▼

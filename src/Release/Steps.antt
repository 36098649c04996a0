-- ===== src/Release/Steps.antt =====
-- The steps of `run` that write: what each of them leaves when it ends well.
use onesti_lock.Base.{
  not, if◌then◌else◌, ℕ, Bool, true, false, Result, ok, err, List, [], ◌∷◌, Option, none, some, ◌≡◌,
  refl, ap, ◌∙◌, ◌⊎◌, inl, inr, All, All-append, Bool-cases, guard-eq_ok, >>=-eq_ok,
}
use onesti_lock.Integration.Services.{same_text}
use onesti_lock.Integration.Services.Meant.{same_text-eq}
use onesti_lock.Release.{Halt, Candidate, Asset, Release, World}
use onesti_lock.Release.Guards.{tag_sha, reads_back, arrived, zip_assets}
use onesti_lock.Release.Publish.{
  Write, create_release, upload_asset, publish_release, Ran, continued, ◌>>=◌, given, read, write,
  tag_ensured, ensure_tag, ensure_draft, upload_ended, asset_ensured, found,
}

-- What holds of a part of the flow holds of it after a call that only reads.
pub read_then :
    {A : Type 0} {B : Type 0} (P : Ran B → Type 0) (r : Result Halt A) (f : A → Ran B)
    → ((e : Halt) → P (read (err e)))
    → ((a : A) → r ≡ ok a → P (f a))
    → P (read r >>= f)
read_then P (ok a) f bad good = good a refl
read_then P (err e) f bad good = bad e

-- What holds of both branches holds of a test between them.
pub either_branch :
    {A : Type 0} (P : A → Type 0) (b : Bool) (x y : A)
    → (b ≡ true → P x)
    → (b ≡ false → P y)
    → P (if b then x else y)
either_branch P true x y f g = f refl
either_branch P false x y f g = g refl

-- A part that raises nothing has run both of its parts.
pub continued_ok :
    {A : Type 0} {B : Type 0} (writes : List Write) (r : Result Halt A) (f : A → Ran B) {b : B}
    → (continued writes r f).outcome ≡ ok b
    → (a : A) × (r ≡ ok a) × ((f a).outcome ≡ ok b)
continued_ok writes (ok a) f h = (a, refl, h)
continued_ok writes (err e) f h = cc h

abbrev pub is_publish : Write → Bool
is_publish (publish_release id latest) = true
is_publish _ = false

-- A release is public once its draft flag is taken off, or where it is made without one.
abbrev pub goes_public : Write → Bool
goes_public (create_release d) = not d.draft
goes_public x = is_publish x

-- Nothing among the writes makes a release public.
abbrev pub Unpublished : List Write → Type 0
Unpublished = All (λ x. goes_public x ≡ false)

pub continued-Unpublished :
    {A : Type 0} {B : Type 0} (writes : List Write) (r : Result Halt A) (f : A → Ran B)
    → Unpublished writes
    → ((a : A) → Unpublished (f a).writes)
    → Unpublished (continued writes r f).writes
continued-Unpublished writes (ok a) f h k =
    All-append (λ x. goes_public x ≡ false) writes (f a).writes h (k a)
continued-Unpublished writes (err e) f h k = h

pub write-Unpublished :
    {A : Type 0} (dry_run : Bool) (x : Write) (answer : Result Halt A)
    → goes_public x ≡ false
    → Unpublished (write dry_run x answer).writes
write-Unpublished true x answer h = tt
write-Unpublished false x answer h = (h, tt)

module _ (w : World) (c : Candidate) where
  -- The tag points at the candidate, or there was none and it is made there.
  abbrev pub Tagged : Type 0
  Tagged = (tag_sha w ≡ ok (some c.sha)) ⊎ (tag_sha w ≡ ok none) × (w.created_ref ≡ ok tt)

  -- The draft is the one that was found, or the one that GitHub made.
  abbrev pub IsDraft : Option Release → Release → Type 0
  IsDraft found r = (found ≡ some r) ⊎ (found ≡ none) × (w.created_release ≡ ok r)

module _ (w : World) (sha256 : List ℕ → List ℕ) (file : List ℕ) where
  -- The first asset with the name of the ZIP reads back with the digest of the ZIP.
  abbrev pub HoldsZip : List Asset → Type 0
  HoldsZip assets =
      (a : Asset) × (more : List Asset) × (loaded : List ℕ) × (assets ≡ a ∷ more)
      × (a.content ≡ ok loaded)
      × (sha256 loaded ≡ sha256 file)

  -- The release had the ZIP, or has it when it is read again after the upload.
  abbrev pub CarriesZip : Release → Type 0
  CarriesZip r =
      HoldsZip (zip_assets r.assets)
      ⊎ (updated : Release) × (w.updated ≡ ok updated) × HoldsZip (zip_assets updated.assets)

module _ (w : World) (c : Candidate) (dry_run : Bool) where
  tag_ensured-Unpublished : (t : Option (List ℕ)) → Unpublished (tag_ensured w c dry_run t).writes
  tag_ensured-Unpublished none = elim (Bool-cases dry_run) [
    | inl dry ↦ rw dry tt
    | inr wet ↦ rw wet (refl, tt)
  ]
  tag_ensured-Unpublished (some sha) = elim (Bool-cases (same_text sha c.sha)) [
    | inl same ↦ rw same tt
    | inr other ↦ rw other tt
  ]

  pub ensure_tag-Unpublished : Unpublished (ensure_tag w c dry_run).writes
  unfolding ensure_tag
  ensure_tag-Unpublished =
      continued-Unpublished [] (tag_sha w) (tag_ensured w c dry_run) tt tag_ensured-Unpublished

  pub ensure_draft-Unpublished :
      (r : Option Release) (body : List ℕ) → Unpublished (ensure_draft w c dry_run r body).writes
  unfolding ensure_draft
  ensure_draft-Unpublished (some r) body = tt
  ensure_draft-Unpublished none body = elim (Bool-cases dry_run) [
    | inl dry ↦ rw dry tt
    | inr wet ↦ rw wet (
        continued-Unpublished (create_release _ ∷ []) w.created_release (λ r. given (some r))
          (refl, tt) (λ r. tt))
  ]

  module _ (wet : dry_run ≡ false) where
    tagged_from :
        (t : Option (List ℕ))
        → tag_sha w ≡ ok t
        → (tag_ensured w c dry_run t).outcome ≡ ok tt
        → Tagged w c
    tagged_from none h k = inr (h, rw wet at k)
    tagged_from (some sha) h k = elim (Bool-cases (same_text sha c.sha)) [
      | inl same ↦ inl (h ∙ ap (λ x. ok (some x)) (same_text-eq sha c.sha same))
      | inr other ↦ cc (rw other at k)
    ]

    pub ensure_tag-Tagged : (ensure_tag w c dry_run).outcome ≡ ok tt → Tagged w c
    unfolding ensure_tag
    ensure_tag-Tagged h =
        let (t, found, k) = continued_ok [] (tag_sha w) (tag_ensured w c dry_run) h in
        tagged_from t found k

    pub ensure_draft-IsDraft :
        (found : Option Release) (body : List ℕ) (made : Option Release)
        → (ensure_draft w c dry_run found body).outcome ≡ ok made
        → (r : Release) × (made ≡ some r) × IsDraft w c found r
    unfolding ensure_draft
    ensure_draft-IsDraft (some r) body made h = (r, cc h, inl refl)
    ensure_draft-IsDraft none body made h =
        let k = rw wet at h in
        let (r, answer, last) =
          continued_ok (create_release _ ∷ []) w.created_release (λ r. given (some r)) k in
        (r, cc last, inr (refl, answer))

  module _ (sha256 : List ℕ → List ℕ) (file : List ℕ) where
    reads_back-HoldsZip :
        (a : Asset) (more : List Asset)
        → reads_back sha256 (sha256 file) a ≡ ok tt
        → HoldsZip w sha256 file (a ∷ more)
    reads_back-HoldsZip a more h =
        let (loaded, read_it, same) = >>=-eq_ok a.content _ h in
        let digests = guard-eq_ok (same_text (sha256 loaded) (sha256 file)) _ same in
        (a, more, loaded, refl, read_it, same_text-eq (sha256 loaded) (sha256 file) digests)

    arrived-HoldsZip :
        (assets : List Asset)
        → arrived sha256 (sha256 file) assets ≡ ok tt
        → HoldsZip w sha256 file assets
    arrived-HoldsZip [] h = cc h
    arrived-HoldsZip (a ∷ more) h = reads_back-HoldsZip a more h

    pub asset_ensured-Unpublished :
        (id : ℕ) (assets : List Asset)
        → Unpublished (asset_ensured w c dry_run sha256 (sha256 file) id file assets).writes
    asset_ensured-Unpublished id (a ∷ more) = tt
    asset_ensured-Unpublished id [] = elim (Bool-cases dry_run) [
      | inl dry ↦ rw dry tt
      | inr wet ↦ rw wet (
          continued-Unpublished (upload_asset id file ∷ [])
            (upload_ended (write false (upload_asset id file) w.uploaded)).outcome _ (refl, tt)
            (λ _. continued-Unpublished [] w.updated _ tt (λ updated. tt)))
    ]

    pub asset_ensured-CarriesZip :
        (r : Release) (assets : List Asset)
        → dry_run ≡ false
        → zip_assets r.assets ≡ assets
        → (asset_ensured w c dry_run sha256 (sha256 file) r.id file assets).outcome ≡ ok tt
        → CarriesZip w sha256 file r
    asset_ensured-CarriesZip r (a ∷ more) wet named h =
        inl (rw named (reads_back-HoldsZip a more h))
    asset_ensured-CarriesZip r [] wet named h =
        let k = rw wet at h in
        let (u, ended, rest) =
          continued_ok (upload_asset r.id file ∷ [])
            (upload_ended (write false (upload_asset r.id file) w.uploaded)).outcome _ k in
        let (updated, again, last) = continued_ok [] w.updated _ rest in
        inr (updated, again, arrived-HoldsZip (zip_assets updated.assets) last)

▲

• [What is being asked]:
Each line of the entries above that has the word "cases" is to be copied.

• [Answer for this exercise]:
  refl, ap, ◌∙◌, ◌⊎◌, inl, inr, All, All-append, Bool-cases, guard-eq_ok, >>=-eq_ok,
  tag_ensured-Unpublished none = elim (Bool-cases dry_run) [
  tag_ensured-Unpublished (some sha) = elim (Bool-cases (same_text sha c.sha)) [
  ensure_draft-Unpublished none body = elim (Bool-cases dry_run) [
    tagged_from (some sha) h k = elim (Bool-cases (same_text sha c.sha)) [
    asset_ensured-Unpublished id [] = elim (Bool-cases dry_run) [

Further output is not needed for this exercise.